** Opening Material to process block **

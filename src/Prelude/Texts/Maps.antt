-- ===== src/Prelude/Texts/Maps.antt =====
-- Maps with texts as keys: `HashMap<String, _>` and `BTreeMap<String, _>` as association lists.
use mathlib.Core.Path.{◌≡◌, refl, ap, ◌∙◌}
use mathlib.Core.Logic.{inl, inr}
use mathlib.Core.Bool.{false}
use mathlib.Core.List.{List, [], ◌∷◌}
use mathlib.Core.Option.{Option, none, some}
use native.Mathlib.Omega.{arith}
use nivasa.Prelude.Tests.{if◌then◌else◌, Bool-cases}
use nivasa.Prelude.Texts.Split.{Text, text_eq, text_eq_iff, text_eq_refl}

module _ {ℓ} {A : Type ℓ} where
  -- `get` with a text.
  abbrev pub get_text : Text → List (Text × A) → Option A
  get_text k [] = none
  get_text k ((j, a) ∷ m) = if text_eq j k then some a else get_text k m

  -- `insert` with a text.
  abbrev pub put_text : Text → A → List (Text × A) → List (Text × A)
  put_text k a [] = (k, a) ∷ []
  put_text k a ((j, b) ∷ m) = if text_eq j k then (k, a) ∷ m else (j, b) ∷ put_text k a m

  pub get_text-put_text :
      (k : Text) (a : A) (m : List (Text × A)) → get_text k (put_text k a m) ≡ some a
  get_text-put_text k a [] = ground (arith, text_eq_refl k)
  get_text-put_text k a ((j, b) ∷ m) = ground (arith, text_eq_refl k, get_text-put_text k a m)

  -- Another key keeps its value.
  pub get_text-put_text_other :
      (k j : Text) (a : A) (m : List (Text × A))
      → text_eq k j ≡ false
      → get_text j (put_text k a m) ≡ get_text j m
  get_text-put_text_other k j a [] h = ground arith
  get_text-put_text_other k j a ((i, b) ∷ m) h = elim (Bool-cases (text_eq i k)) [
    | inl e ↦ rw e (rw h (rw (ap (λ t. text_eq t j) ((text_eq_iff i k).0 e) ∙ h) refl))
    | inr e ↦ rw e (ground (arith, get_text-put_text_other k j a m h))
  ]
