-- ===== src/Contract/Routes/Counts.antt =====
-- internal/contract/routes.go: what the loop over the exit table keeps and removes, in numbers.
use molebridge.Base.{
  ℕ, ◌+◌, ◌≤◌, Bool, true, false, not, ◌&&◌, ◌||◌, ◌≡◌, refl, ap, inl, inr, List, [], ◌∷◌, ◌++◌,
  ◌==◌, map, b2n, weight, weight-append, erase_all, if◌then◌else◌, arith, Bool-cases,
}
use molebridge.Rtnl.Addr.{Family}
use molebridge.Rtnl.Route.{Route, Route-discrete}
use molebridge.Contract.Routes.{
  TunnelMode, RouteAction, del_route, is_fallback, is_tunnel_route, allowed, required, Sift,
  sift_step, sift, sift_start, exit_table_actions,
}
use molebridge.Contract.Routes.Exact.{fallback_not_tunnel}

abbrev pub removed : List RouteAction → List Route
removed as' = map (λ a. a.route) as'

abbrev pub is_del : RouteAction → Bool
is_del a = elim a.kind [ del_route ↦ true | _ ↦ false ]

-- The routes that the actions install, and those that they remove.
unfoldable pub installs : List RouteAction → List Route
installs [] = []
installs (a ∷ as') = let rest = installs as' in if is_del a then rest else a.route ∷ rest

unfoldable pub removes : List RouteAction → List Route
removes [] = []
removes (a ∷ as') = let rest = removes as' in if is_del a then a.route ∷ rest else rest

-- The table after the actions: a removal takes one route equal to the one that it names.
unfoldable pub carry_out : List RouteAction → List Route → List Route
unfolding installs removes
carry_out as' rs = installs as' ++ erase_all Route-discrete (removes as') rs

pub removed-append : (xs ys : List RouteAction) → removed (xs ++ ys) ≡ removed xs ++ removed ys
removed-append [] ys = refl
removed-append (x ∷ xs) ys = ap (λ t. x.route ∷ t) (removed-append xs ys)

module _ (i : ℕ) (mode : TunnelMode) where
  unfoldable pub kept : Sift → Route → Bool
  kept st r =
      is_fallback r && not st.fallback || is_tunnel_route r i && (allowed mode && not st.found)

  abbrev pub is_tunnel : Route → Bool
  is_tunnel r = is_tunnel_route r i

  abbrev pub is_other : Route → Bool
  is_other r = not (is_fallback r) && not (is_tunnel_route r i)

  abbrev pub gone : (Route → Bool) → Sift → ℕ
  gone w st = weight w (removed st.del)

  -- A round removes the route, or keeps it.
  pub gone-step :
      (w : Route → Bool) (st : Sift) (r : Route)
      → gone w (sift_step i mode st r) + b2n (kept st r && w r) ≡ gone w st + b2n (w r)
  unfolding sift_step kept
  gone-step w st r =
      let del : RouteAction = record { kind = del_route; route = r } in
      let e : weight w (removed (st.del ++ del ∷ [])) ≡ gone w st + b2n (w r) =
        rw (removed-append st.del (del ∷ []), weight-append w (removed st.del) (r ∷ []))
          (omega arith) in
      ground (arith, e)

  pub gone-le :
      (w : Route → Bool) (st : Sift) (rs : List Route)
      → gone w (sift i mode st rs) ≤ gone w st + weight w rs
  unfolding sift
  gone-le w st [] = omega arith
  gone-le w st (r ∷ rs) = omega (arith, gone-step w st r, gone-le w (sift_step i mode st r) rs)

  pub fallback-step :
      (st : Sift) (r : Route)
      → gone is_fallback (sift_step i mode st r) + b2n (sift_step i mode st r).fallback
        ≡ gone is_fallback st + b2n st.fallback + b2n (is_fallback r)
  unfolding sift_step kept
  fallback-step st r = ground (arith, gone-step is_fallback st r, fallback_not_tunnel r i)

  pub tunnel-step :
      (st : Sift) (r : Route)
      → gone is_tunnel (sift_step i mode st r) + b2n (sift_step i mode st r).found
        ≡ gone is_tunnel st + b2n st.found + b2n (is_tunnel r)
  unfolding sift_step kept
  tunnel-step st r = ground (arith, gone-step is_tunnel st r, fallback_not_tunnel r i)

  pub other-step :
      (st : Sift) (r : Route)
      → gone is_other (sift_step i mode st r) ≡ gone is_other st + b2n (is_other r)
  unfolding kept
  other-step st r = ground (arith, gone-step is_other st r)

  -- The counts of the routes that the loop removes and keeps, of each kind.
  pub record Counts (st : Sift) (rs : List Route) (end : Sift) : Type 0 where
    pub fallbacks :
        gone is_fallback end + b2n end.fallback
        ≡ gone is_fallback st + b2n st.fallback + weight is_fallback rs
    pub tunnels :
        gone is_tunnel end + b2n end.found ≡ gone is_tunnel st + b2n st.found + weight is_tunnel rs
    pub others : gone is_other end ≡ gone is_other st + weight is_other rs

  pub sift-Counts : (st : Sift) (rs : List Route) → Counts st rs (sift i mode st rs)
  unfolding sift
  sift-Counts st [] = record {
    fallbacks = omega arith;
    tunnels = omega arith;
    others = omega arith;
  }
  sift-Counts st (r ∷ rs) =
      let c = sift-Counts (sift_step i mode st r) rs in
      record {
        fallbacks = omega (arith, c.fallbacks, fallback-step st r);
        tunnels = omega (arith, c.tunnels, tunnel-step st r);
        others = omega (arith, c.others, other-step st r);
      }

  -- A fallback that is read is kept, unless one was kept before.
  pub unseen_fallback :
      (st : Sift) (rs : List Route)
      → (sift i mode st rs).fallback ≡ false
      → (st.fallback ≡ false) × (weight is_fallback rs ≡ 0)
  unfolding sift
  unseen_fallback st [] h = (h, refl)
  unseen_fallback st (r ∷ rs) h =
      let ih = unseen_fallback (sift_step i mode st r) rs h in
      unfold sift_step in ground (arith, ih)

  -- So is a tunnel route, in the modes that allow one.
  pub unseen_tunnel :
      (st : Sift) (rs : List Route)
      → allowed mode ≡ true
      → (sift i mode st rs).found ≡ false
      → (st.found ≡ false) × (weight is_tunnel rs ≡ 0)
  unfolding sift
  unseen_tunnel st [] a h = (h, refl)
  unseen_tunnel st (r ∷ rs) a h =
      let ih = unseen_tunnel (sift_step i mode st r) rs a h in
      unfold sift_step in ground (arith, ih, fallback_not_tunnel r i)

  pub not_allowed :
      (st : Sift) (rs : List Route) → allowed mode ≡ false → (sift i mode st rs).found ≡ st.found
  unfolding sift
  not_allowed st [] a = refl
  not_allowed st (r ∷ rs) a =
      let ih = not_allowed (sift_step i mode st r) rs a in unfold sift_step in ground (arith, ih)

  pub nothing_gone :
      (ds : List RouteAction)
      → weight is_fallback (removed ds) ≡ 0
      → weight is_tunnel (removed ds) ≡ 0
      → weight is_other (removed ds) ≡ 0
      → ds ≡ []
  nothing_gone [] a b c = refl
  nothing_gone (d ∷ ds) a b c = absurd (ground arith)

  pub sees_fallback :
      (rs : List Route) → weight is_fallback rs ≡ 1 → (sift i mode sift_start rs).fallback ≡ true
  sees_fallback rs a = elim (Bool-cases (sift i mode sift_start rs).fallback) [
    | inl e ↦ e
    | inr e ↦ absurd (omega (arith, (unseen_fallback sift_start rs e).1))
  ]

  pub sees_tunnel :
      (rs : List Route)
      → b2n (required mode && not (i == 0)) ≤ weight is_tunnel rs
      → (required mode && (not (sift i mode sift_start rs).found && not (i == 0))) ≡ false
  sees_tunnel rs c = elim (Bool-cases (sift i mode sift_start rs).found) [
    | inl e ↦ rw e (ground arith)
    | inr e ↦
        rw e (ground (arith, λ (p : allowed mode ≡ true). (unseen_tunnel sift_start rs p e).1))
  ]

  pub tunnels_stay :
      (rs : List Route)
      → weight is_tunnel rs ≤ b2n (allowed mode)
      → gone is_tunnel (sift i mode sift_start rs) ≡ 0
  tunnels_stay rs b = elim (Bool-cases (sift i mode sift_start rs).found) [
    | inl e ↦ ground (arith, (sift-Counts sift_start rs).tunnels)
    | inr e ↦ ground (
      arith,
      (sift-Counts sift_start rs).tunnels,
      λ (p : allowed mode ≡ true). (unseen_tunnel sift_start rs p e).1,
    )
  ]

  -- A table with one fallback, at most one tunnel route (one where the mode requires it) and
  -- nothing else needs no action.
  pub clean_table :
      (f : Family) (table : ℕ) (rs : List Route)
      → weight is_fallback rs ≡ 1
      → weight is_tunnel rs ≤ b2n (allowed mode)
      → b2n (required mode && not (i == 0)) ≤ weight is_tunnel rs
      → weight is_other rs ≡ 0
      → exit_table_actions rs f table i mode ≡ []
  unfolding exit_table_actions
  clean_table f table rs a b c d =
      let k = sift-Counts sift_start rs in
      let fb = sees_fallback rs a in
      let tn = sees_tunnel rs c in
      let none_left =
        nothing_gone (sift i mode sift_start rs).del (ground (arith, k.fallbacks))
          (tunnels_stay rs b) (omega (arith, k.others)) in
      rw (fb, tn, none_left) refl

** Closing Material to process block **

Problem statement:
Begin at the line containing "(f : Family)" and reproduce each line through the end of the records above.

Task answer:
      (f : Family) (table : ℕ) (rs : List Route)
      → weight is_fallback rs ≡ 1
      → weight is_tunnel rs ≤ b2n (allowed mode)
      → b2n (required mode && not (i == 0)) ≤ weight is_tunnel rs
      → weight is_other rs ≡ 0
      → exit_table_actions rs f table i mode ≡ []
  unfolding exit_table_actions
  clean_table f table rs a b c d =
      let k = sift-Counts sift_start rs in
      let fb = sees_fallback rs a in
      let tn = sees_tunnel rs c in
      let none_left =
        nothing_gone (sift i mode sift_start rs).del (ground (arith, k.fallbacks))
          (tunnels_stay rs b) (omega (arith, k.others)) in
      rw (fb, tn, none_left) refl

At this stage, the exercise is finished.